┌─ Provided entries

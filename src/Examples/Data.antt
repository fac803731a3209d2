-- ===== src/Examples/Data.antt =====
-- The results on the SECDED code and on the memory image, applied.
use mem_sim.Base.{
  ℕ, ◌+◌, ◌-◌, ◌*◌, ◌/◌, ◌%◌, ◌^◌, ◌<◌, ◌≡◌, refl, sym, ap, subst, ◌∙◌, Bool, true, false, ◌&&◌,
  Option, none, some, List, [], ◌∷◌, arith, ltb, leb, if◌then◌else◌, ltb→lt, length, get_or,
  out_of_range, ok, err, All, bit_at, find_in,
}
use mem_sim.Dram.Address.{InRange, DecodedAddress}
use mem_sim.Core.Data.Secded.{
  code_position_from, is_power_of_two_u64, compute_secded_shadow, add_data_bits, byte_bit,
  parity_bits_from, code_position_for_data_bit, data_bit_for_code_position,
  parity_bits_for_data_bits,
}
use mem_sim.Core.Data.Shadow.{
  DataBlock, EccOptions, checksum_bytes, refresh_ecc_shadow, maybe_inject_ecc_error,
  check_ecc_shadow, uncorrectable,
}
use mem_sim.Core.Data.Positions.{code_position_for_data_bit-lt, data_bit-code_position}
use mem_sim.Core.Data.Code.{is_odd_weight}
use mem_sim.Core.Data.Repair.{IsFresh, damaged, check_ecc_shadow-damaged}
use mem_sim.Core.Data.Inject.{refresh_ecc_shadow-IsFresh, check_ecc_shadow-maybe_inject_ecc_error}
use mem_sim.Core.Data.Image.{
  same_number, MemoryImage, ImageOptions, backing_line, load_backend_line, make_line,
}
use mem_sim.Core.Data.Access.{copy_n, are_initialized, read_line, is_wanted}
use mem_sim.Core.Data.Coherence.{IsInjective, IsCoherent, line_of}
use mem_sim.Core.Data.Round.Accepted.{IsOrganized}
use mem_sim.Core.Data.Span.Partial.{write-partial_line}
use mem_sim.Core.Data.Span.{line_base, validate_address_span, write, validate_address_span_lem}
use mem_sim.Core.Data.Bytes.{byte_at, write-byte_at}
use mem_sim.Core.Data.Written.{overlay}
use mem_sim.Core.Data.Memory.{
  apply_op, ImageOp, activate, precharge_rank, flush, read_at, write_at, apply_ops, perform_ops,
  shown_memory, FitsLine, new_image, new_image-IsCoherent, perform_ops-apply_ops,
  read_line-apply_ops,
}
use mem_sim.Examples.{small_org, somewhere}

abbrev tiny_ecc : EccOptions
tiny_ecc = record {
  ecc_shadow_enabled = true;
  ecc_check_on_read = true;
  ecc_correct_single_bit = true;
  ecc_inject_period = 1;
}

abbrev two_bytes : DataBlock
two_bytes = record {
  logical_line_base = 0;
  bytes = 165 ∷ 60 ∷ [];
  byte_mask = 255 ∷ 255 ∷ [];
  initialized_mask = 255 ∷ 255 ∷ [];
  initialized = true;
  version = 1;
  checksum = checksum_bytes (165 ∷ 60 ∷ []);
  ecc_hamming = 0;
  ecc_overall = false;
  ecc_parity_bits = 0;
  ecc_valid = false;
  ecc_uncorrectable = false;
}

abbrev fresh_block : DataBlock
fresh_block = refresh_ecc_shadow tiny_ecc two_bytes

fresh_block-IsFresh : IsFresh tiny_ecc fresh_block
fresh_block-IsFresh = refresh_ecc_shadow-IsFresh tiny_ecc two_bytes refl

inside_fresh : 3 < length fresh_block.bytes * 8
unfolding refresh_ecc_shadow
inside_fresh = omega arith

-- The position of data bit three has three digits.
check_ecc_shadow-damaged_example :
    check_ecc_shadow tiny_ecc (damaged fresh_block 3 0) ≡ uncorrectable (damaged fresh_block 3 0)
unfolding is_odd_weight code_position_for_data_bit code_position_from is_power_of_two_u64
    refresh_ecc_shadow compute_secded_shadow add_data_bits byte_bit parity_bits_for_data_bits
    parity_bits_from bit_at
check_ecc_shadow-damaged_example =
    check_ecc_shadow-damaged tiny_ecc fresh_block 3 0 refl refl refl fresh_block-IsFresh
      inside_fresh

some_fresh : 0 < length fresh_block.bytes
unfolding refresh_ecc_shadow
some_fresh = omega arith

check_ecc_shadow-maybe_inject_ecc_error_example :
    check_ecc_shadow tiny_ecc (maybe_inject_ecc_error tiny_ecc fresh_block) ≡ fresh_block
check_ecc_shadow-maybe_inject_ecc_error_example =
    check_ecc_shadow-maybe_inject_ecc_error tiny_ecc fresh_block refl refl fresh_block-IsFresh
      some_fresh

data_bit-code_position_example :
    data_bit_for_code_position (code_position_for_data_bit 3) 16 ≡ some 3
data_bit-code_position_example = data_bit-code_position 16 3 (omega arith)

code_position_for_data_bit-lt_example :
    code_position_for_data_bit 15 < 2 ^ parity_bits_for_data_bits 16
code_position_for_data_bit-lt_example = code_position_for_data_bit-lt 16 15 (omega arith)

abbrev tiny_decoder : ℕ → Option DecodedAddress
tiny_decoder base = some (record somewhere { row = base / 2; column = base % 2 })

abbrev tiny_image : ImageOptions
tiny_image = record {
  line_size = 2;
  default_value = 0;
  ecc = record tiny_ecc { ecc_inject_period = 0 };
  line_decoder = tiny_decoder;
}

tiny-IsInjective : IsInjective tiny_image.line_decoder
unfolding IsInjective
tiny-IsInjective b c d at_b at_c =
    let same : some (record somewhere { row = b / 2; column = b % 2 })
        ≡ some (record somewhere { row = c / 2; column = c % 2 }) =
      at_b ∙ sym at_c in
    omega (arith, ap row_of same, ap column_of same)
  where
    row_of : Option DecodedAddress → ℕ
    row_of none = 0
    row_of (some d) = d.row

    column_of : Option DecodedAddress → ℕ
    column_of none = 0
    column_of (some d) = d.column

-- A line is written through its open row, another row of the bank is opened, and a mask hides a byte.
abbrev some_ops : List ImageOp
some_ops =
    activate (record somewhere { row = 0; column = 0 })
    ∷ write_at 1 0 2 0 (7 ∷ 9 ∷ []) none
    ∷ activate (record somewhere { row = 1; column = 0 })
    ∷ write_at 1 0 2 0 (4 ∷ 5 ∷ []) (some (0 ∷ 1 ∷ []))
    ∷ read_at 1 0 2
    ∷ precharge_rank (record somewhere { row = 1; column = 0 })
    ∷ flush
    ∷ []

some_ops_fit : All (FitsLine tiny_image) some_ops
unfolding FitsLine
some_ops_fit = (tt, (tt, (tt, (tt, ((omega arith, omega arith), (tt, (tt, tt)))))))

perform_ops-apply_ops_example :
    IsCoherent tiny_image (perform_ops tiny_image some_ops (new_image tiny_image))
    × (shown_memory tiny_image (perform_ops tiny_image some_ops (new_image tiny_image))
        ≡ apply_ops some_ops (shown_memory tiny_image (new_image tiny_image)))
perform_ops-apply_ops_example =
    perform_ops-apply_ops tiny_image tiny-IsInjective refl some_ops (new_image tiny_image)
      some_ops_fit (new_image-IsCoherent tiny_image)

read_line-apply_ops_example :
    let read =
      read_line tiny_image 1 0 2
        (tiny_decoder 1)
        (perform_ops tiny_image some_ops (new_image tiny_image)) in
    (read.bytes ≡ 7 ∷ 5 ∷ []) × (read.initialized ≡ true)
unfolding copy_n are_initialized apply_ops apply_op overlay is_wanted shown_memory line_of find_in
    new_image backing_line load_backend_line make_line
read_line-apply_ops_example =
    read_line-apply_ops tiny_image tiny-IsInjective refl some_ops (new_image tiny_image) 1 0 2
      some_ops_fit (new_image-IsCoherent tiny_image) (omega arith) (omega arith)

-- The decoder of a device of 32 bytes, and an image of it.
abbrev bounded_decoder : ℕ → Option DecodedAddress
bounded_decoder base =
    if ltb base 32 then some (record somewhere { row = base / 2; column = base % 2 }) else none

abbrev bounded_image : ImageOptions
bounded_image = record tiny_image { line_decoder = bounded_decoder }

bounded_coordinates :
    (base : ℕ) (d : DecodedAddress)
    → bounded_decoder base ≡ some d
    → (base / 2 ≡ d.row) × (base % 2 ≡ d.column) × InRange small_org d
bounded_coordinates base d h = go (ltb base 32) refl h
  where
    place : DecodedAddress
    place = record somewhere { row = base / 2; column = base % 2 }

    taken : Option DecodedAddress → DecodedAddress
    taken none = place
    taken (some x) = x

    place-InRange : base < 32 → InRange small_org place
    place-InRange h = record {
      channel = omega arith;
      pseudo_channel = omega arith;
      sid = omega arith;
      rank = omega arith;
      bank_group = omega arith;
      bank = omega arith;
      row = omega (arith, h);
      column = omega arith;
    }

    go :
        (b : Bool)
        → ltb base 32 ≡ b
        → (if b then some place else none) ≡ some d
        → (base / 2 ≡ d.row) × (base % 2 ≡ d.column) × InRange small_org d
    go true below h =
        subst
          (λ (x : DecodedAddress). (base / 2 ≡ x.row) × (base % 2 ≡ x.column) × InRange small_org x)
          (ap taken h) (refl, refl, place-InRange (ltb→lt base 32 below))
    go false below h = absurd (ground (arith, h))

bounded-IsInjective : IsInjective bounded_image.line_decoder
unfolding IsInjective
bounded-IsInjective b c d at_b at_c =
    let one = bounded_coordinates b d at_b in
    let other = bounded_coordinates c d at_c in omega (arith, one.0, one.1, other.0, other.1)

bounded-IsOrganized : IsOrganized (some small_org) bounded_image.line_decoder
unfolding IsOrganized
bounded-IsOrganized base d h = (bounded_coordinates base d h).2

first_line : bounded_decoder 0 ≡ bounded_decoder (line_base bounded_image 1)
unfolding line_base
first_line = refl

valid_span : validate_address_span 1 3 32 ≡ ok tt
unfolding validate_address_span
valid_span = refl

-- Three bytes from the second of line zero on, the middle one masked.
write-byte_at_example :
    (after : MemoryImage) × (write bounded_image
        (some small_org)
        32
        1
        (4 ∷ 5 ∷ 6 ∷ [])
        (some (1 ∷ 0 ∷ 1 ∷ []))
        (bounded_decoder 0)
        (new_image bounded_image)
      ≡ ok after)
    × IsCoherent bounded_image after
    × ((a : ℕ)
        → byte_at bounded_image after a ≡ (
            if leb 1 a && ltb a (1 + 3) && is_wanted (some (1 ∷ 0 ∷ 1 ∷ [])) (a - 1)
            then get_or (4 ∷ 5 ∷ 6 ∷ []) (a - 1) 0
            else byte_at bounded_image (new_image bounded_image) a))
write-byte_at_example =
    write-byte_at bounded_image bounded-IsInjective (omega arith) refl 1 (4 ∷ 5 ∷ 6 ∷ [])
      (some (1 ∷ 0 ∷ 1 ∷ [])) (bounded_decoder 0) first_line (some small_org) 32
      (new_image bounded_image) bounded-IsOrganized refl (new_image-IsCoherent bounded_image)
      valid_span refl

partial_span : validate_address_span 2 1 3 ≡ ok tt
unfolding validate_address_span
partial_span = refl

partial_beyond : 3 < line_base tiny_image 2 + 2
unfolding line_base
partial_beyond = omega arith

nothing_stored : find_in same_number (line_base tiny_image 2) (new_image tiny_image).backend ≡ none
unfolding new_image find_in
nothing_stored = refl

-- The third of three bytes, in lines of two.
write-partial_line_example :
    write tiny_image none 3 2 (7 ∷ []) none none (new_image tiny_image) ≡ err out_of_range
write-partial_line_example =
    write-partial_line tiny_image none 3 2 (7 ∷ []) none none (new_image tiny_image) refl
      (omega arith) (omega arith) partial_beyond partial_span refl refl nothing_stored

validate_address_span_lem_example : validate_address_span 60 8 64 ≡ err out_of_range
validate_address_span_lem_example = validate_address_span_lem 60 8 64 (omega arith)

└─

- **Exercise objective**
After locating the line with "partial_beyond : 3", output that line and every later one exactly, through the end of the entries above.

- **Final answer**
partial_beyond : 3 < line_base tiny_image 2 + 2
unfolding line_base
partial_beyond = omega arith

nothing_stored : find_in same_number (line_base tiny_image 2) (new_image tiny_image).backend ≡ none
unfolding new_image find_in
nothing_stored = refl

-- The third of three bytes, in lines of two.
write-partial_line_example :
    write tiny_image none 3 2 (7 ∷ []) none none (new_image tiny_image) ≡ err out_of_range
write-partial_line_example =
    write-partial_line tiny_image none 3 2 (7 ∷ []) none none (new_image tiny_image) refl
      (omega arith) (omega arith) partial_beyond partial_span refl refl nothing_stored

validate_address_span_lem_example : validate_address_span 60 8 64 ≡ err out_of_range
validate_address_span_lem_example = validate_address_span_lem 60 8 64 (omega arith)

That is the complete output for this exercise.